Logs from all services can now be found in a single place on a dedicated Grafana dashboard. You can quickly see error and warning counts, filter by services, list error logs, search etc.
Soon we will be adding alarms so you are notified about errors via e.g. e-mail. We are also planning to add metrics for monitoring your hardware utilisation so you can act when e.g. you are running out of storage.
The best part is that if you use docker-compose or OpenMRS Kubernetes helm chart, it’s extremely easy to deploy! Just copy over needed files or enable the feature in helm chart. No additional configuration needed. It comes with a pre-configured dashboard.
We welcome tweaks and improvements! If you make any changes in the dashboard, please do share them with the broader community so we can include them in the common setup and everyone can benefit!
Hey @raff! This is great! One thing: instead of using volume mounts to get the configuration into loki, alloy, and grafana containers is it possible to setup our own Dockerfiles to create those?
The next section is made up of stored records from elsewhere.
-- ===== src/Outbox/Ops.antt =====
-- How an attempt begins: `BeginNotificationAttempt` (internal/core/agent_store.go), and the attempt that
-- `finalizeTaskTx` (internal/core/agent_finalize.go) queues. The hash of an occurrence is the parameter
-- `key` of sorted refs.
use blueship.Outbox.{
  Ref, dispatching, retryable, Attempt, Item, Journal, missing_ids, missing_text, ref_too_long,
  no_refs, pair_not_found, partial_overlap, JournalResult, ok, err, same_ref,
  normalize_task_delivery_refs, sort_task_delivery_refs,
}
use blueship.Prelude.{
  ℕ, ◌+◌, String, Bool, true, false, not, ◌&&◌, ◌||◌, Option, none, some, List, [], ◌∷◌, ◌==◌,
  length, if◌then◌else◌, str_eq, is_blank,
}

-- UNIQUE (task_id, input_id, item_key)
unfoldable pub is_reserved : ℕ → Ref → List Item → Bool
is_reserved task r [] = false
is_reserved task r (i ∷ items) = (i.task_id == task && same_ref i.ref r) || is_reserved task r items

-- INSERT … ON CONFLICT DO NOTHING, with the number of rows that it returns.
unfoldable pub reserve_items : ℕ → ℕ → List Ref → List Item → List Item × ℕ
reserve_items id task [] items = (items, 0)
reserve_items id task (r ∷ refs) items =
    let taken = reserve_items id task refs items in
    let added =
      reserve_items id task refs (record { attempt_id = id; task_id = task; ref = r } ∷ items) in
    if is_reserved task r items then taken else (added.0, added.1 + 1)

-- UNIQUE (task_id, occurrence_key)
unfoldable pub find_occurrence : ℕ → String → List Attempt → Option Attempt
find_occurrence task k [] = none
find_occurrence task k (a ∷ attempts) =
    if a.task_id == task && str_eq a.occurrence_key k
    then some a
    else find_occurrence task k attempts

module _ (key : List Ref → String) where
  -- The row of a new attempt, with the defaults of its columns.
  abbrev pub new_attempt : ℕ → ℕ → ℕ → ℕ → String → List Ref → Attempt
  new_attempt now fresh task user text refs = record {
    id = fresh;
    task_id = task;
    user_id = user;
    occurrence_key = key refs;
    message_text = text;
    state = dispatching;
    receipt = none;
    error_message = none;
    attempt_count = 1;
    next_attempt_at = none;
    last_attempt_at = now;
    created_at = now;
    resolved_at = none;
  }

  -- An attempt with this occurrence of this user, or none.
  unfoldable pub existing_attempt : ℕ → ℕ → List Ref → Journal → Journal × JournalResult (ℕ × Bool)
  existing_attempt task user refs j = elim (find_occurrence task (key refs) j.attempts) [
    | none ↦ (j, err pair_not_found)
    | some a ↦ if a.user_id == user then (j, ok (a.id, false)) else (j, err pair_not_found)
  ]

  unfoldable pub insert_attempt :
      ℕ → ℕ → ℕ → ℕ → String → List Ref → Journal → Journal × JournalResult (ℕ × Bool)
  insert_attempt now fresh task user text refs j =
      let (items, reserved) = reserve_items fresh task refs j.items in
      if not (reserved == length refs) then (j, err partial_overlap) else (
        record j {
          attempts = new_attempt now fresh task user text refs ∷ j.attempts;
          items = items;
        },
        ok (fresh, true),
      )

  -- From the transaction on: `owned` tells whether the task is there and the user's.
  unfoldable pub admit :
      ℕ → ℕ → Bool → ℕ → ℕ → String → List Ref → Journal → Journal × JournalResult (ℕ × Bool)
  admit now fresh owned task user text refs j =
      if not owned
      then existing_attempt task user refs j
      else elim (find_occurrence task (key refs) j.attempts) [
        | some _ ↦ existing_attempt task user refs j
        | none ↦ insert_attempt now fresh task user text refs j
      ]

  unfoldable pub begin_normalized :
      ℕ
      → ℕ
      → Bool
      → ℕ
      → ℕ
      → String
      → Option (List Ref)
      → Journal
      → Journal × JournalResult (ℕ × Bool)
  begin_normalized now fresh owned task user text none j = (j, err ref_too_long)
  begin_normalized now fresh owned task user text (some []) j = (j, err no_refs)
  begin_normalized now fresh owned task user text (some (r ∷ rs)) j =
      admit now fresh owned task user text (sort_task_delivery_refs (r ∷ rs)) j

  -- `BeginNotificationAttempt`; `fresh` is the `uuid.New()`.
  unfoldable pub begin_notification_attempt :
      ℕ → ℕ → Bool → ℕ → ℕ → String → List Ref → Journal → Journal × JournalResult (ℕ × Bool)
  begin_notification_attempt now fresh owned task user text refs j =
      if task == 0 || user == 0
      then (j, err missing_ids)
      else if is_blank text
      then (j, err missing_text)
      else begin_normalized now fresh owned task user text (normalize_task_delivery_refs refs) j

  abbrev pub queued_attempt : ℕ → ℕ → ℕ → ℕ → String → List Ref → Attempt
  queued_attempt now fresh task user text refs =
      record (new_attempt now fresh task user text refs) {
        state = retryable;
        error_message = some "delivery_pending";
        attempt_count = 0;
        next_attempt_at = some now;
      }

  unfoldable pub queue_items : ℕ → ℕ → ℕ → ℕ → String → List Ref → Journal → Option Journal
  queue_items now fresh task user text refs j =
      let (items, reserved) = reserve_items fresh task refs j.items in
      if not (reserved == length refs)
      then none
      else some (record j {
        attempts = queued_attempt now fresh task user text refs ∷ j.attempts;
        items = items;
      })

  -- The rows that a finalization queues; `none` where a UNIQUE constraint refuses them.
  unfoldable pub queue_attempt : ℕ → ℕ → ℕ → ℕ → String → List Ref → Journal → Option Journal
  queue_attempt now fresh task user text refs j =
      elim (find_occurrence task (key refs) j.attempts) [
        | some _ ↦ none
        | none ↦ queue_items now fresh task user text refs j
      ]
This helps with getting things deployed in our weird infrastructure setup.
@ibacher good idea! I’m thinking of a small init container that has the whole config and copies it over to alloy, grafana and loki upon startup. It will make it super easy to distribute updates.
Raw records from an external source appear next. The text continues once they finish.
-- ===== src/Outbox/Resolution.antt =====
-- What becomes of an attempt: `ConfirmNotificationAttempt`, `MarkNotificationUncertain`,
-- `DeferNotificationAttempt` and `RejectNotificationAttempt` (internal/core/agent_store.go).
use blueship.Outbox.{
  Ref, AttemptState, dispatching, retryable, sent, uncertain, rejected, Receipt, Attempt, Item,
  Delivery, Journal, missing_ids, missing_transport, not_found, bad_text, wrong_user, is_sent,
  is_uncertain, invalid_state, missing_reason, missing_time, JournalResult, ok, err, same_ref,
  find_attempt, update_attempt,
}
use blueship.Prelude.{
  ℕ, String, Bool, true, false, not, ◌&&◌, ◌||◌, Option, none, some, List, [], ◌∷◌, ◌==◌,
  if◌then◌else◌, str_eq, is_blank, trim_space,
}

-- The text of an attempt, as `ParseAutonomousTurnNotification` reads it.
pub data Parsed : Type 0 where
  plain malformed : Parsed
  autonomous : ℕ → Parsed

unfoldable pub is_delivered : ℕ → Ref → List Delivery → Bool
is_delivered task r [] = false
is_delivered task r (d ∷ ds) = (d.task_id == task && same_ref d.ref r) || is_delivered task r ds

-- INSERT INTO agent_task_deliveries … ON CONFLICT DO NOTHING
unfoldable pub deliver_items : ℕ → List Item → List Delivery → List Delivery
deliver_items id [] ds = ds
deliver_items id (i ∷ items) ds =
    let rest = deliver_items id items ds in
    if not (i.attempt_id == id) || is_delivered i.task_id i.ref rest
    then rest
    else record { task_id = i.task_id; ref = i.ref } ∷ rest

abbrev pub set_attempt : ℕ → (Attempt → Attempt) → Journal → Journal
set_attempt id change j = record j { attempts = update_attempt id change j.attempts }

abbrev pub to_sent : ℕ → Receipt → Attempt → Attempt
to_sent now receipt a = record a {
  state = sent;
  receipt = some receipt;
  error_message = none;
  next_attempt_at = none;
  resolved_at = some now;
}

abbrev pub user_matches : Parsed → ℕ → Bool
user_matches (autonomous u) user = u == user
user_matches _ user = true

abbrev pub is_malformed : Parsed → Bool
is_malformed malformed = true
is_malformed _ = false

unfoldable pub confirm_locked :
    ℕ → ℕ → Receipt → Journal → AttemptState → Journal × JournalResult Unit
confirm_locked now id receipt j sent = (j, ok tt)
confirm_locked now id receipt j uncertain = (j, err is_uncertain)
confirm_locked now id receipt j dispatching = (
  record j {
    attempts = update_attempt id (to_sent now receipt) j.attempts;
    deliveries = deliver_items id j.items j.deliveries;
  },
  ok tt,
)
confirm_locked now id receipt j retryable = (j, err invalid_state)
confirm_locked now id receipt j rejected = (j, err invalid_state)

unfoldable pub confirm_found :
    (String → Parsed) → ℕ → ℕ → Receipt → Journal → Option Attempt → Journal × JournalResult Unit
confirm_found parse now id receipt j none = (j, err not_found)
confirm_found parse now id receipt j (some a) =
    if is_malformed (parse a.message_text)
    then (j, err bad_text)
    else if not (user_matches (parse a.message_text) a.user_id)
    then (j, err wrong_user)
    else confirm_locked now id receipt j a.state

-- `ConfirmNotificationAttempt`; `parse` is `ParseAutonomousTurnNotification`.
unfoldable pub confirm_notification_attempt :
    (String → Parsed) → ℕ → ℕ → Receipt → Journal → Journal × JournalResult Unit
confirm_notification_attempt parse now id receipt j =
    if id == 0
    then (j, err missing_ids)
    else if is_blank receipt.transport
    then (j, err missing_transport)
    else confirm_found parse now id receipt j (find_attempt id j.attempts)

abbrev pub to_closed : AttemptState → ℕ → String → Attempt → Attempt
to_closed state now reason a = record a {
  state = state;
  error_message = some reason;
  next_attempt_at = none;
  resolved_at = some now;
}

unfoldable pub mark_locked : ℕ → ℕ → String → Journal → AttemptState → Journal × JournalResult Unit
mark_locked now id reason j uncertain = (j, ok tt)
mark_locked now id reason j sent = (j, err is_sent)
mark_locked now id reason j dispatching = (set_attempt id (to_closed uncertain now reason) j, ok tt)
mark_locked now id reason j retryable = (j, err invalid_state)
mark_locked now id reason j rejected = (j, err invalid_state)

unfoldable pub on_state :
    ℕ → (AttemptState → Journal × JournalResult Unit) → Journal → Journal × JournalResult Unit
on_state id f j = elim (find_attempt id j.attempts) [
  | none ↦ (j, err not_found)
  | some a ↦ f a.state
]

abbrev or_default : String → String → String
or_default s d = if str_eq s "" then d else s

-- `MarkNotificationUncertain`
unfoldable pub mark_notification_uncertain : ℕ → ℕ → String → Journal → Journal × JournalResult Unit
mark_notification_uncertain now id reason j =
    if id == 0
    then (j, err missing_ids)
    else on_state id
        (mark_locked now id
          (or_default (trim_space reason) "notification delivery outcome is uncertain") j)
        j

abbrev pub to_retryable : ℕ → String → Attempt → Attempt
to_retryable retry_at reason a = record a {
  state = retryable;
  error_message = some reason;
  next_attempt_at = some retry_at;
  resolved_at = none;
}

unfoldable pub defer_locked : ℕ → ℕ → String → Journal → AttemptState → Journal × JournalResult Unit
defer_locked retry_at id reason j retryable = (j, ok tt)
defer_locked retry_at id reason j dispatching =
    (set_attempt id (to_retryable retry_at reason) j, ok tt)
defer_locked retry_at id reason j sent = (j, err invalid_state)
defer_locked retry_at id reason j uncertain = (j, err invalid_state)
defer_locked retry_at id reason j rejected = (j, err invalid_state)

-- `DeferNotificationAttempt`; the zero time is 0.
unfoldable pub defer_notification_attempt : ℕ → ℕ → String → Journal → Journal × JournalResult Unit
defer_notification_attempt retry_at id reason j =
    if id == 0
    then (j, err missing_ids)
    else if is_blank reason
    then (j, err missing_reason)
    else if retry_at == 0
    then (j, err missing_time)
    else on_state id (defer_locked retry_at id (trim_space reason) j) j

unfoldable pub reject_locked :
    ℕ → ℕ → String → Journal → AttemptState → Journal × JournalResult Unit
reject_locked now id reason j rejected = (j, ok tt)
reject_locked now id reason j dispatching =
    (set_attempt id (to_closed rejected now reason) j, ok tt)
reject_locked now id reason j retryable = (j, err invalid_state)
reject_locked now id reason j sent = (j, err invalid_state)
reject_locked now id reason j uncertain = (j, err invalid_state)

-- `RejectNotificationAttempt`
unfoldable pub reject_notification_attempt : ℕ → ℕ → String → Journal → Journal × JournalResult Unit
reject_notification_attempt now id reason j =
    if id == 0
    then (j, err missing_ids)
    else if is_blank reason
    then (j, err missing_reason)
    else on_state id (reject_locked now id (trim_space reason) j) j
We’ve been using Grafana at @SolDevelo for our OpenLMIS implementations, and I think we have some configs that we could contribute here.
For instance, we built out a custom dashboard for endpoint health-checks (uptime, SSL cert expiration, etc.). It basically allowed us to ditch Pingdom for an entirely OSS stack.
Let me know if you think these would be a good fit for the O3 setup, we’d be happy to share them.
@raff Hi I have been working on developing the monitoring stack of OpenLMIS. I think the tool I have been using for probing the services might come in handy for OpenMRS monitoring service.
In OpenLMIS we are using it to test the endpoints availability, response time and connection details (which is base feature of the tool) but also as a way to preview the uptime and availability of instances as well as analyze occured downtimes. Take a look at some screenshot from running system below.
I have successfully configured the tool for OpenMRS and set up for probing backend and frontend of the app. For the deployments this tool can be configured to probe services directly, through load balancers and dns to be sure what part is misbehaving in case of any problems.